Dello stesso pensiero è Gianni Riotta, editorialista de La Stampa, con un passato alla direzione di Tg1 e Sole-24ore: “Il business model dei giornali come l’abbiamo conosciuto è finito: nessun giornale oggi dal NYT al Manifesto ha più una sostenibilità economica legata alla pubblicità, alle vendite, e alle copie. L’informazione sta cercando in questo momento nuovi contenuti e nuovi business model. Andrew Sullivan ne sta sperimentando – mi auguro per lui e per noi, con successo – uno. Lui è un personaggio bizzarro: cattolico, omosessuale, ex direttore di The New Republic – non senza scaramucce interne alla redazione… È un commentatore perfetto per il web dove, a volte, la nicchia governa più che il mainstream”. Tuttavia non saranno certo le grandi testate a soffrire per un’iniziativa simile: “Le difficoltà del business model dei giornali non sono legate all’andamento della crisi economica, né da Internet… Il loro problema deriva dal fatto che, essendo mutata la società, non è più efficace quel tipo di comunicazione di massa propria dei giornali”.

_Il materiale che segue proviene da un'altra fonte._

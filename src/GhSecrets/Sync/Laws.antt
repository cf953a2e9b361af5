-- ===== src/GhSecrets/Sync/Laws.antt =====
-- src/gh_secrets.rs: a pass reports each secret once, and a second pass sends nothing that has not
-- changed.
use gha_indie_worker_rs.Prelude.{
  ◌≡◌, refl, ap, ◌∙◌, inl, inr, true, false, ◌&&◌, ◌||◌, Option, none, some, List, [], ◌∷◌, ◌++◌,
  Bool-cases, Result, ok, err,
}
use gha_indie_worker_rs.Text.{Text, text, text_eq}
use gha_indie_worker_rs.Text.Laws.{text_eq_refl}
use gha_indie_worker_rs.Message.{Message}
use gha_indie_worker_rs.Rules.{SyncRule, SecretSource}
use gha_indie_worker_rs.GhSecrets.Sync.{
  PublicKeyResponse, SyncOutcome, SyncRun, SyncState, SyncServices, newest_sha256, same_text,
  last_synced_sha256, record_secret_sync, sync_value, sync_secret, sync_secrets_of, sync_with_key,
  sync_rules, all_failed, filled_value, counted, recorded, put_sealed, sync_found,
}

-- A secret by its repository and its name.
abbrev pub about : SyncOutcome → Text × Text
about outcome = (outcome.repo, outcome.secret)

abbrev pub about_all : List SyncOutcome → List (Text × Text)
about_all [] = []
about_all (o ∷ os) = about o ∷ about_all os

abbrev pub secrets_in : Text → List (Text × SecretSource) → List (Text × Text)
secrets_in repo [] = []
secrets_in repo ((name, _) ∷ secrets) = (repo, name) ∷ secrets_in repo secrets

abbrev pub secrets_of : List SyncRule → List (Text × Text)
secrets_of [] = []
secrets_of (rule ∷ rules) = secrets_in rule.repo rule.secrets ++ secrets_of rules

about_all-append : (xs ys : List SyncOutcome) → about_all (xs ++ ys) ≡ about_all xs ++ about_all ys
about_all-append [] ys = refl
about_all-append (x ∷ xs) ys = ap (λ (t : List (Text × Text)). about x ∷ t) (about_all-append xs ys)

module _ (services : SyncServices) where
  about-sync_value :
      (repo : Text) (key : PublicKeyResponse) (name value : Text) (s : SyncState)
      → about (sync_value services repo key name value s).1 ≡ (repo, name)
  unfolding sync_value
  about-sync_value repo key name value s =
      elim (Bool-cases (
        s.app.db
        && same_text (last_synced_sha256 services repo name s.runs) (services.sha256_hex value))) [
          | inl same ↦ rw same refl
          | inr fresh ↦ rw fresh refl
        ]

  about-sync_secret :
      (repo : Text) (key : PublicKeyResponse) (name : Text) (source : SecretSource) (s : SyncState)
      → about (sync_secret services repo key name source s).1 ≡ (repo, name)
  unfolding sync_secret
  about-sync_secret repo key name source s = go (filled_value (services.var source.from_env))
    where
      go :
          (found : Option Text)
          → about (sync_found services repo key name source found s).1 ≡ (repo, name)
      go none = refl
      go (some value) = about-sync_value repo key name value s

  about-sync_secrets_of :
      (repo : Text) (key : PublicKeyResponse) (secrets : List (Text × SecretSource)) (s : SyncState)
      → about_all (sync_secrets_of services repo key secrets s).1 ≡ secrets_in repo secrets
  unfolding sync_secrets_of
  about-sync_secrets_of repo key [] s = refl
  about-sync_secrets_of repo key ((name, source) ∷ secrets) s =
      rw
        (
          about-sync_secret repo key name source s,
          about-sync_secrets_of repo key secrets (sync_secret services repo key name source s).0,
        )
        refl

  about-all_failed :
      (repo : Text) (error : Message) (secrets : List (Text × SecretSource))
      → about_all (all_failed services repo error secrets) ≡ secrets_in repo secrets
  about-all_failed repo error [] = refl
  about-all_failed repo error ((name, _) ∷ secrets) =
      ap (λ (t : List (Text × Text)). (repo, name) ∷ t) (about-all_failed repo error secrets)

  about-sync_with_key :
      (rule : SyncRule) (found : Result PublicKeyResponse Message) (s : SyncState)
      → about_all (sync_with_key services rule found s).1 ≡ secrets_in rule.repo rule.secrets
  about-sync_with_key rule (err error) s = about-all_failed rule.repo error rule.secrets
  about-sync_with_key rule (ok key) s = about-sync_secrets_of rule.repo key rule.secrets s

  -- A pass over the rules reports each secret of each rule once, in the order of the rules, whatever
  -- the services answer.
  pub about-sync_rules :
      (rules : List SyncRule) (s : SyncState)
      → about_all (sync_rules services rules s).1 ≡ secrets_of rules
  unfolding sync_rules
  about-sync_rules [] s = refl
  about-sync_rules (rule ∷ rules) s =
      let found = services.public_key s.puts rule.repo in
      about_all-append (sync_with_key services rule found s).1
        (sync_rules services rules (sync_with_key services rule found s).0).1
      ∙ ap
          (λ (t : List (Text × Text)).
            t ++ about_all (sync_rules services rules (sync_with_key services rule found s).0).1)
          (about-sync_with_key rule found s)
      ∙ ap (λ (t : List (Text × Text)). secrets_in rule.repo rule.secrets ++ t)
          (about-sync_rules rules (sync_with_key services rule found s).0)

  -- The newest row of a secret is of this value, in a database that is there.
  record IsKnown (repo name value_sha256 : Text) (s : SyncState) : Type 0 where
    on : s.app.db ≡ true
    newest : newest_sha256 repo name s.runs ≡ some value_sha256

  module _ (answers : (rows : List SyncRun) → services.answers rows ≡ true)
      (stores : (rows : List SyncRun) (row : SyncRun) → services.stores rows row ≡ true) where
    recorded-IsKnown :
        (repo name value_sha256 : Text) (s : SyncState) (status : Text) (detail : Option Message)
        → s.app.db ≡ true
        → (text_eq status (text "synced") || text_eq status (text "skipped-unchanged")) ≡ true
        → IsKnown repo name value_sha256
            (recorded services repo name value_sha256 (s, status, detail)).0
    unfolding record_secret_sync newest_sha256
    recorded-IsKnown repo name value_sha256 s status detail on good =
        simp (on, stores s.runs)
          (record { on = on; newest = rw (text_eq_refl repo, text_eq_refl name, good) refl })

    counted-IsKnown :
        (repo name value_sha256 : Text) (o : SyncState × Result (Unit {0}) Message)
        → o.0.app.db ≡ true
        → text_eq
            (recorded services repo name value_sha256 (counted services o)).1.status
            (text "failed")
          ≡ false
        → IsKnown repo name value_sha256
            (recorded services repo name value_sha256 (counted services o)).0
    unfolding text_eq
    counted-IsKnown repo name value_sha256 (s, ok _) on good =
        recorded-IsKnown repo name value_sha256 _ (text "synced") none on refl
    counted-IsKnown repo name value_sha256 (s, err e) on good = cc

    put_sealed-on :
        (repo name key_id : Text) (sealed : Result Text Message) (s : SyncState)
        → s.app.db ≡ true
        → (put_sealed services repo name key_id sealed s).0.app.db ≡ true
    put_sealed-on repo name key_id (ok encrypted) s on = on
    put_sealed-on repo name key_id (err e) s on = on

    sync_value-IsKnown :
        (repo : Text) (key : PublicKeyResponse) (name value : Text) (s : SyncState)
        → s.app.db ≡ true
        → text_eq (sync_value services repo key name value s).1.status (text "failed") ≡ false
        → IsKnown repo name
            (services.sha256_hex value)
            (sync_value services repo key name value s).0
    unfolding sync_value text_eq
    sync_value-IsKnown repo key name value s on good =
        elim (Bool-cases (
          s.app.db
          && same_text (last_synced_sha256 services repo name s.runs)
              (services.sha256_hex value))) [
                | inl same ↦ rw same (
                    recorded-IsKnown repo name (services.sha256_hex value) s
                      (text "skipped-unchanged") none on refl)
                | inr fresh ↦ rw fresh (
                    counted-IsKnown repo name (services.sha256_hex value)
                      (put_sealed services repo name key.key_id (services.seal key.key value) s)
                      (put_sealed-on repo name key.key_id (services.seal key.key value) s on)
                      (rw fresh at good))
              ]

    -- A secret whose value is known is skipped: nothing is sent and nothing is counted.
    known-skips :
        (repo : Text) (key : PublicKeyResponse) (name value : Text) (s : SyncState)
        → IsKnown repo name (services.sha256_hex value) s
        → ((sync_value services repo key name value s).1.status ≡ text "skipped-unchanged")
          × ((sync_value services repo key name value s).0.puts ≡ s.puts)
          × ((sync_value services repo key name value s).0.app ≡ s.app)
    unfolding sync_value last_synced_sha256 record_secret_sync
    known-skips repo key name value s known =
        let same : (s.app.db
              && same_text (last_synced_sha256 services repo name s.runs)
                  (services.sha256_hex value))
            ≡ true =
          rw (known.on, answers s.runs, known.newest) (text_eq_refl (services.sha256_hex value)) in
        rw (same, known.on, stores s.runs) (refl, refl, refl)

    -- With a database that stores rows and answers queries, once a value was synced, or skipped
    -- because it was, a second pass over the same secret and value skips it: nothing is sent to
    -- GitHub again and no counter changes, whatever key the repository then has.
    pub sync_value-repeated :
        (repo : Text) (key later_key : PublicKeyResponse) (name value : Text) (s : SyncState)
        → s.app.db ≡ true
        → text_eq (sync_value services repo key name value s).1.status (text "failed") ≡ false
        → ((sync_value services repo later_key name value
              (sync_value services repo key name value s).0).1.status
            ≡ text "skipped-unchanged")
          × ((sync_value services repo later_key name value
                (sync_value services repo key name value s).0).0.puts
              ≡ (sync_value services repo key name value s).0.puts)
          × ((sync_value services repo later_key name value
                (sync_value services repo key name value s).0).0.app
              ≡ (sync_value services repo key name value s).0.app)
    sync_value-repeated repo key later_key name value s on good =
        known-skips repo later_key name value (sync_value services repo key name value s).0
          (sync_value-IsKnown repo key name value s on good)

Insomma, la comunicazione molti a molti inaugurata da Internet ed esaltata dalla sua versione social, sovrappone testata e firma, più che capovolgerne i rapporti. La rivoluzione post industriale del giornalismo è anche questo: un giornalista che si fa – per dirla con Tedeschini Lalli – “contenitore di se stesso”. Ma si può immaginare un esperimento simile anche in Italia? Ernesto Belisario, ci offre la sua prospettiva di avvocato esperto di diritto delle nuove tecnologie: “L’ Italia ha delle leggi sulla stampa alquanto vetuste, ma ciò non toglie che si possa fare una cosa simile anche da noi. Tutto dipende dal modello che si sceglie di adottare. Dal punto di vista giuridico, le opzioni sono due: ci sono le testate registrate e ci sono soggetti che sperimentano nuove strade, come l’HuffPo che non è una testata registrata e assomiglia più a una community. In quest’ottica è possibile offrire servizi premium e funzioni extra agli utenti che si registrano al sito e accettano le Condizioni d’uso. Nei confronti dei blogger, queste piattaforme offrono spesso solo la visibilità: giuridicamente il rapporto tra blogger e piattaforma non è molto diverso da quello tra Facebook e utente”. Tuttavia, il problema è un altro e ce lo spiega ancora Mario Tedeschini Lalli: “Quante persone in tutto il mondo sono in grado di leggere in italiano? Se sfiori i 55 milioni in tutto il mondo è grasso che cola.”